A Taxing Proposition


Every year around this time, the Internal Revenue Service (motto: “Pickpocketing you since 1913”) gets our spring off to a joyful start by extorting a portion of our income so that Uncle Sam will have enough money to fund programs that don’t work and build roads to homes that we can’t afford.

Now, before you get all down on the IRS, let us not forget that they give us a tax credit of $2,000 for each child, which they believe will offset a year’s worth of child expenses, which just goes to show that IRS employees don’t have children. At least not any legitimate ones.

If you go to the IRS website, you’ll find plenty of simple, easy-to-use forms that make paying taxes a cheerful experience. Why, just look at this partial list of easily understandable forms:

Form 706GS(D-1) – Notification of Distribution from a Generation-Skipping Trust

Form 976 – Claim for Deficiency Dividends Deductions by a Personal Holding Company, Regulated Investment Company, or Real Estate Investment Trust

Form 8817 – Allocation of Patronage and Nonpatronage Income and Deductions

Form 8865 (Schedule K-1) – Partner’s Share of Income, Credits, Deductions, etc.

Form 3621-A – Computation of Net Operating Loss Deduction for Intervening Years Modifications

This got me thinking: is tax filing required? I consulted tax lawyer Manny Mustaykz, a member of the Association of Lawyers Who Place Large Ads in Phone Books, and he told me that filing a tax return is not necessary, as long as you don’t mind going to jail.

Sources say that the best form of tax write-off is a mortgage. This is why my friends were less than enthusiastic when I paid off my house. According to them, I made a huge financial mistake. “Without a mortgage, you have no tax write-off,” they told me, in the same tone of voice they would use to tell a 4-year-old not to poop in the yard.

The idea that you will save money by paying a mortgage is ridiculous, and I will illustrate with an example.

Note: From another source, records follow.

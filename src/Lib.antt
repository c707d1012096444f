-- ===== src/Lib.antt =====
-- Spice Agent: the turns of a run and the admission of runs to the engine, the event log of a run, the
-- ownership of a client's session, the idempotency of operations, and the interactions that wait for a
-- client.
--
-- The program is a daemon that runs agents for remote clients. The engine (agent/agent.go) admits runs
-- under identities that a ledger keeps (agent/run_identity.go, agent/prepared_execution.go) and executes
-- their turns. A run publishes its events through an
-- emitter or a sequencer (agent/agent.go, event/event.go) into a bounded log (event/log.go), from which clients replay pages and
-- follow live tails. A client owns its session through an epoch (daemon/session.go): it commits
-- mutations one at a time and holds stream leases (daemon/session_gate.go), and a reconnect fences
-- both before it moves the epoch (daemon/session_reconnect.go). The idempotency ledger
-- (daemon/idempotency.go) gives each operation one owner and its duplicates the owner's result. The hub of pending interactions
-- (daemon/pending.go) keeps the questions of the runs until a client answers and tells each client's
-- observers of them. A run leases a plan of tools, whose dispatcher is built from decorators
-- (stage/plan.go).
--
-- The files. Base has what all share: byte strings as lists of numbers below 256, 64-bit arithmetic
-- with its wrap-around (`add64`, `sub64`), Boolean tests, results.
-- Event models event/event.go: Kind the kinds, Envelope Reconstruct, EncodedSize and Terminal,
-- Sequencer NewSequencer and Next, Observer the filter and TryPublish.
-- Log models event/log.go. Types, Subscription, Store and Replay are the code: NewLogAfter is
-- `new_log_after`, Append `append_event`, replayPageLocked `replay_page`, Replay `replay`, Subscribe
-- `subscribe`, Close `close_log`, and the delivery goroutine `deliver`, one stage between two of its
-- blocking points at a time. Evict, Invariant, Append and Reserve are about Append; Cursor, Pages,
-- Gapless and Recovery about replay pages; Delivery and Deliver about one subscription; System,
-- Tracking, Growth, Joining, Subscribing and Reachable about all calls and goroutines together, and Served about
-- what a consumer sees.
-- Event.Mailbox is about TryPublish; Log.Feeding relates the sequencer to the log.
-- Interaction models interaction/interaction.go: scopes, requests and responses with their validation.
-- Agent models parts of agent/. Ledger and Transitions are run_identity.go: reserve is `reserve_identity`,
-- transition `transition`, abort `abort_identity`, retire `retire_identity`. Engine has what the engine keeps
-- of its runs and the calls on it under its lock, Lifecycle the prepared executions and runs with theirs:
-- commitPaused is `commit_paused`, Activate `activate`, complete and completeInert are `finalize`, Retire
-- `retire`. Tokens, Counted, Counting and Holding are about the ledger; Admission, Admitting, Handles,
-- Preparing, Steps and Reached about the engine with its handles, one call at a time and in any order, and
-- Draining about a stopped one. Emitter is runEmitter with persist and emit, Emission relates it to the log;
-- Turn has the emissions of a turn and consumeStream, Execute executeTurn,
-- Tools appendToolRound and emitToolStarted; Balance, Turns, Openings and Rounds follow the events of a turn, and
-- Cancelled one that is cancelled at the end of its stream.
-- Hub models daemon/pending.go. Types and Limits are the values and the validation of the limits;
-- Watchers one observer, its queue and the stages of its goroutine; Store the hub and its partitions;
-- Operations BindRun, Release, Request, Respond and complete; Observing Snapshot, Subscribe, the
-- deliveries and FenceObservers; Closing Close. Booking, Accounts and Shares say what the counters stand
-- for, Isolation, Publish, ShareCalls, ShareWatchers and ShareDeliveries follow one client's share of
-- them, Sound, SoundCalls and SoundObservers the whole hub through each call, Reachable every sequence of
-- steps; Takers, Funding and Bounds are what follows. Runs, RunCalls, RunDrops,
-- RunEnds, RunObservers and RunReached count the bound runs. Partitions, KeptCalls and Kept take what every
-- change of one partition keeps to every reachable hub; Replay says what a subscriber makes of its deltas,
-- Changes, Mirror and Watched use Kept for it, Observers and Answers state the outcome.
-- Stage models parts of stage/plan.go: Release the release of a leased plan as a sequence of events,
-- Decorators snapshotDefinitions, sameDefinitions and ApplyToolDispatchDecorators, and Nesting what a
-- decorated dispatcher consists of.
-- Restart models plugin/host/restart.go: Policy is the code, Backoff its delays in closed form.
-- Session models daemon/session.go, session_gate.go, session_reconnect.go and session_errors.go.
-- Types, Gate and Reconnect are what the calls do to the state of one client under the lock;
-- Store is the store of the clients and Turns the calls on it, with one turn of a waiting call's loop
-- as one function.
-- Soundness and Epochs keep the invariant, Reachable takes it over every sequence of calls, Fencing
-- is about the advance of the epoch and Grants about the queue of commits.
-- Ledger models daemon/idempotency.go: Operations has the part of Do that assigns an operation,
-- Settlement the classification of the executor's result, the two ends of an operation and the answers
-- to duplicates; Ownership and Repeats relate them, Kept follows an operation through other calls of
-- Do, and Later is about a turn after them.
--
-- Concurrency. Every Go function modelled holds one lock, so a call is one step, and an interleaving
-- is a sequence of steps (Log.System, Session.Reachable, Hub.Reachable, Agent.Reached). A goroutine that blocks is a stage in the
-- state; a call that waits is repeated by turns. Pointers that the code compares are tokens.
--
-- Bounds. No definition runs on fuel without a reason: the loop of Fresh has the four rounds of the
-- source, and the eviction, the pages and the deliveries recurse on lists. `drain` takes the number of
-- stages, and the theorem about it says which number is enough. Go ints that the constructors check
-- to be positive are natural numbers.
--
-- Parameters. json.Valid and json.Marshal are arguments of the definitions that use them; dispatchers and
-- decorators of tools are known by what their methods answer; a clock reading, random bytes and the tokens
-- of new pointers are arguments of the call. A context is its error, if it has ended. A turn takes what its
-- surroundings do at each emission from a sequence of moments, its requests and streams from the record
-- TurnParts, with KeepsTurn as what it asks of the tool round, and the tool round its checks, occurrences,
-- dispatches and messages from the record ToolParts; a dispatch reports to the emitter only until it
-- answers. MakesTerminals, that every terminal occurrence is made and encoded, fails for a call whose ID
-- and name together take over about 900 bytes as JSON.
--
-- Not modelled: nil receivers and nil contexts, error texts, the copies that accessors make, the
-- Recorder of event/event.go, SessionStore.Shutdown and StreamLease.setCallerStop, which wait or keep a
-- callback, the waits at the end of Request, FenceObservers and Close, plan identities, the lookup of a
-- definition and the guards of stage/plan.go, the rest of the plugin host, and of the agent package the
-- occurrences of tools, the loop over the turns, suspension, interactions, which emit their events beside a
-- turn's, snapshots and plan identities, with panics of observers and providers; the transport, process and client packages.
mod Base
pub mod Event
pub mod Log
pub mod Session
pub mod Stage
pub mod Ledger
pub mod Restart
pub mod Interaction
pub mod Hub
pub mod Agent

If you’re not good at math, don’t worry – I am writing this slowly so everyone will be able to understand.

A mortgage consists of principal (the part that goes toward paying for the house) and interest (a fee that mortgage bankers charge and which they richly deserve because they are such nice, caring people). You can deduct the interest (but not the principal) from your adjusted gross income by listing it in IRS form Schedule A. However – and this is where it gets tricky, so please pay attention – the amount you get back is only a fraction of the interest. What fraction? The percentage of income that you pay in federal and state taxes.

Let’s say you pay 22% in federal income tax and 7% in state income tax (for a total of 29%), and your mortgage interest last year was $20,000. Your tax savings would be 29% of $20,000, which is $5,800. Net loss: $14,200. But none of my friends seem to be able to grasp this, so I can only conclude that they – and I say this with the utmost love and respect – have the IQ of toe cheese.

Oh, and you get that deduction only if you itemize! If you use the standard deduction (which most of us do), you don’t get to write off any of your mortgage interest! Now, if any of you still think that paying a mortgage has tax advantages, please email me and I will send you the number of my shrink.

OK, put the torches and pitchforks down. I’m not saying that I’m smarter than you. I openly admit to being clueless about a few things, such as tact, dating, fashion, manners, discretion, couth … OK, it’s more than a few things. So I’ll cut you some slack for being unable to do basic math. I only wish people would cut me the same slack when I tell my date that our waitress is cute.